Mending our ways to end days of disposable clothing

The fast-fashion system has supported this neglect and even as a grandma it has become easier – and cheaper – to buy children’s wear at a chain store rather than dust off the sewing machine and try to stitch or re-stitch a garment to pass on to grandchildren.

Latest statistics on textile waste are disturbing. And with popular television shows such as the ABC’s War on Waste highlighting the amount of waste, landfill and non-reusable textiles still being made, there are many reasons to sit up and take notice of how to turn these statistics around for the benefit of future generations.

But, there is some momentum for change in the environmental impact of the fashion industry, and it’s echoing around the world.

With the rise of sustainability books and forums, upcycling workshops, ‘op’ shopping or second-hand clothing markets and platforms, and even our most prestigious fashion magazine Vogue Australia now having a Sustainability Editor-at-Large, the tide is turning.

Queenslanders are also rising to the challenge to educate the younger generation and re-introduce them to the fun of sewing and creating unique outfits refashioned from existing or second-hand clothing and fabrics.

On Saturday, November 24, the refashion showcase WornOUT will be held in Brisbane.

With sponsorship currently from Reverse Garbage and Textile Beat, the show and its workshops promise to be a major contribution to reducing textile and fashion waste of southeast Queensland.
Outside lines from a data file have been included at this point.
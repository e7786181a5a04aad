-- ===== src/Io/Waits.antt =====
-- internal/vclpoll/mode2.go, lines 126 to 142, 324 to 341 and 560 to 621: what a wait of the multi-worker
-- mode finds, described apart from its steps.
use vclnet.Base.{
  ℕ, Bool, true, false, Option, none, some, not, ◌||◌, if◌then◌else◌, lookup, int_eq, get_elem?,
  ◌≡◌, refl, ap, ◌∙◌, Bool-cases, Option-cases, inl, inr,
}
use vclnet.Errors.{Error, poll_closed, wait_canceled, panicked, Result, ok, err}
use vclnet.Wait.{Vlsh}
use vclnet.Worker.Defs.{Vpp, Worker, add_waiter}
use vclnet.Worker.Leave.{cancel_waiter}
use vclnet.Mode2.Defs.{Dispatcher, Owner, session, listener, lookup_ref, submit, put_worker}
use vclnet.Io.Mode2.{
  Turn, poll_wait_context, wait_interrupted_error, interrupted_lookup, Branch, waiter_ready,
  done_closed, worker_quiesced, waiter_of, add_result, cancel_result, or_woken, selected,
  after_submit, wait_on,
}

-- Why a wait was interrupted, by the entry of the handle and whether the dispatcher stops: the caller's
-- `done`, an unknown handle or a stop, or, while the session is open, a canceled wait.
abbrev why_open : Option Owner → Bool → Error
why_open none stopping = poll_closed
why_open (some (session i raw)) true = poll_closed
why_open (some (session i raw)) false = wait_canceled
why_open (some (listener shards)) stopping = panicked

abbrev pub why_interrupted : Dispatcher → Vlsh → Bool → Error
why_interrupted d handle true = wait_canceled
why_interrupted d handle false = why_open (lookup handle d.owners) d.stopping

open_lem :
    (d : Dispatcher) (handle : Vlsh) (o : Option Owner)
    → lookup handle d.owners ≡ o
    → interrupted_lookup d (lookup_ref d handle) ≡ why_open o d.stopping
unfolding lookup_ref
open_lem d handle none e = rw (e, lookup_ref) (unfold interrupted_lookup in refl)
open_lem d handle (some (session i raw)) e =
    rw (e, lookup_ref) (unfold interrupted_lookup in stopping_lem d.stopping)
  where
    stopping_lem :
        (b : Bool) → (if b then poll_closed else wait_canceled) ≡ why_open (some (session i raw)) b
    stopping_lem true = refl
    stopping_lem false = refl
open_lem d handle (some (listener shards)) e =
    rw (e, lookup_ref) (unfold interrupted_lookup in refl)

pub why_lem :
    (d : Dispatcher) (handle : Vlsh) (done : Bool)
    → wait_interrupted_error d handle done ≡ why_interrupted d handle done
unfolding wait_interrupted_error
why_lem d handle true = refl
why_lem d handle false = open_lem d handle (lookup handle d.owners) refl

-- The worker that takes an operation, if one does: none once the dispatcher or the worker has stopped.
abbrev unless_quiesced : Worker → Bool → Option Worker
unless_quiesced w true = none
unless_quiesced w false = some w

abbrev if_serving : Option Worker → Option Worker
if_serving none = none
if_serving (some w) = unless_quiesced w w.quiesced

abbrev worker_of : Dispatcher → ℕ → Bool → Option Worker
worker_of d i true = none
worker_of d i false = if_serving (get_elem? d.workers i)

abbrev taking : Dispatcher → ℕ → Option Worker
taking d i = worker_of d i (d.stopping || not d.app_live)

abbrev taken_by {ℓ} :
    {A : Type ℓ}
    → Dispatcher
    → (Worker → Dispatcher × Result A)
    → Option Worker
    → Dispatcher × Result A
taken_by d run none = (d, err poll_closed)
taken_by d run (some w) = run w

submit_lem {ℓ} :
    {A : Type ℓ} (d : Dispatcher) (i : ℕ) (run : Worker → Dispatcher × Result A)
    → submit d i run ≡ taken_by d run (taking d i)
unfolding submit
submit_lem d i run = elim (Bool-cases (d.stopping || not d.app_live)) [
  | inl e ↦ rw e refl
  | inr e ↦ rw e (elim (Option-cases (get_elem? d.workers i)) [
    | inl none_there ↦ rw none_there refl
    | inr (w, there) ↦ rw there (serving w w.quiesced)
  ])
]
  where
    serving :
        (w : Worker) (b : Bool)
        → (if b then (d, err poll_closed) else run w) ≡ taken_by d run (unless_quiesced w b)
    serving w true = refl
    serving w false = refl

-- What a wait finds, none of its own steps hidden: nothing without an entry, a panic on a listener's; no
-- readiness if no worker takes the waiter or it cannot be parked; else what the branch says, where a
-- caller that is done finds the waiter woken if no worker cancels it in time.
module _ (vpp : Vpp) (handle : Vlsh) (events : ℕ) (t : Turn) where
  abbrev canceled_by : ℕ → Vlsh → Option Worker → Result Bool
  canceled_by i raw none = ok t.woken
  canceled_by i raw (some w) = ok (cancel_waiter vpp w handle raw (waiter_of handle events t)).1

  abbrev branched : Dispatcher → ℕ → Vlsh → Branch → Result Bool
  branched d i raw waiter_ready = ok true
  branched d i raw done_closed = canceled_by i raw (taking (t.before_cancel d) i)
  branched d i raw worker_quiesced = ok false

  abbrev parked_with : Dispatcher → ℕ → Vlsh → Worker × Option Error → Result Bool
  parked_with d i raw (w, some e) = ok false
  parked_with d i raw (w, none) = branched (put_worker d i w) i raw t.branch

  abbrev waits_on : Dispatcher → ℕ → Vlsh → Option Worker → Result Bool
  waits_on d i raw none = ok false
  waits_on d i raw (some w) =
      parked_with d i raw (add_waiter vpp w handle raw (waiter_of handle events t))

  abbrev found_wait : Dispatcher → Option Owner → Result Bool
  found_wait d none = ok false
  found_wait d (some (session i raw)) = waits_on d i raw (taking d i)
  found_wait d (some (listener shards)) = err panicked

  abbrev pub wait_outcome : Dispatcher → Result Bool
  wait_outcome d = found_wait d (lookup handle d.owners)

  cancel_lem :
      (d : Dispatcher) (i : ℕ) (raw : Vlsh) (o : Option Worker)
      → (or_woken vpp handle events t i raw (
          taken_by d
            (λ w.
              cancel_result vpp handle events t i raw d
                (cancel_waiter vpp w handle raw (waiter_of handle events t)))
            o)).1
        ≡ canceled_by i raw o
  cancel_lem d i raw none = refl
  cancel_lem d i raw (some w) = refl

  selected_lem :
      (d : Dispatcher) (i : ℕ) (raw : Vlsh) (b : Branch)
      → (selected vpp handle events t i raw b d).1 ≡ branched d i raw b
  selected_lem d i raw waiter_ready = refl
  selected_lem d i raw worker_quiesced = refl
  selected_lem d i raw done_closed =
      ap (λ r. (or_woken vpp handle events t i raw r).1) (submit_lem (t.before_cancel d) i _)
      ∙ cancel_lem (t.before_cancel d) i raw (taking (t.before_cancel d) i)

  parked_lem :
      (d : Dispatcher) (i : ℕ) (raw : Vlsh) (r : Worker × Option Error)
      → (after_submit vpp handle events t i raw (add_result vpp handle events t i raw d r)).1
        ≡ parked_with d i raw r
  parked_lem d i raw (w, none) = selected_lem (put_worker d i w) i raw t.branch
  parked_lem d i raw (w, some e) = refl

  waits_lem :
      (d : Dispatcher) (i : ℕ) (raw : Vlsh) (o : Option Worker)
      → (after_submit vpp handle events t i raw (
          taken_by d
            (λ w.
              add_result vpp handle events t i raw d
                (add_waiter vpp w handle raw (waiter_of handle events t)))
            o)).1
        ≡ waits_on d i raw o
  waits_lem d i raw none = refl
  waits_lem d i raw (some w) =
      parked_lem d i raw (add_waiter vpp w handle raw (waiter_of handle events t))

  found_lem :
      (d : Dispatcher) (o : Option Owner)
      → lookup handle d.owners ≡ o
      → (wait_on vpp handle events t d (lookup_ref d handle)).1 ≡ found_wait d o
  unfolding lookup_ref wait_on
  found_lem d none e = rw (e, lookup_ref) refl
  found_lem d (some (session i raw)) e =
      rw (e, lookup_ref)
        (ap (λ r. (after_submit vpp handle events t i raw r).1) (submit_lem d i _)
          ∙ waits_lem d i raw (taking d i))
  found_lem d (some (listener shards)) e = rw (e, lookup_ref) refl

  pub wait_outcome_lem :
      (d : Dispatcher) → (poll_wait_context vpp handle events t d).1 ≡ wait_outcome d
  unfolding poll_wait_context
  wait_outcome_lem d = found_lem d (lookup handle d.owners) refl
“WornOUT is an exciting opportunity to nurture an upcycling culture that enables designers and makers to explore creativity in unique, empowering, and resourceful ways,” says event director Jane Milburn of Textile Beat.

Jane believes in the slow clothing movement and lives by her belief that “sewing and stitching are life skills, just like cooking and baking. Life skills enable us to provide for ourselves.”

Jane travels the country conducting workshops at local libraries on how to upcycle and refashion garments and textiles for personal use and spread the word for mindful thinking about the clothes we wear.

Event manager Bill Ennals of Reverse Garbage says it is challenging the thinking around what is worn out.
“Textiles are our biggest selling item (at Reverse Garbage) as local businesses divert excess stock to the warehouse for resale, rather than sending it to landfill. And our clientele is really engaging around creative ways to reuse fibres and fabrics,” he said. The showcases are open to anyone and details on how to enter are available at reversegarbageqld.com.au

Each showcase will be curated by Elizabeth Kingston of @timeless_styling Instagram fame who believes that “WornOUT aims to spark unconventional and local designers or disruptive thinking, by inviting designers to engage in playful storytelling through garments made using pre-loved and salvaged materials”.

“Every day is a new opportunity to create when we bring together textures, colours and shapes in creative ways and reinvent them as refashion,” she said.

In addition to refashion, WornOUT will include a Cosplay showcase for children and adults. Workshops and exhibition details will be available this month.

The day promises to be fun, informative and entertaining.

If you are keen to make a difference to the footprint fashion is leaving for future generations this might be the introduction you need to start thinking about the choices we make when we next buy a fashion outfit.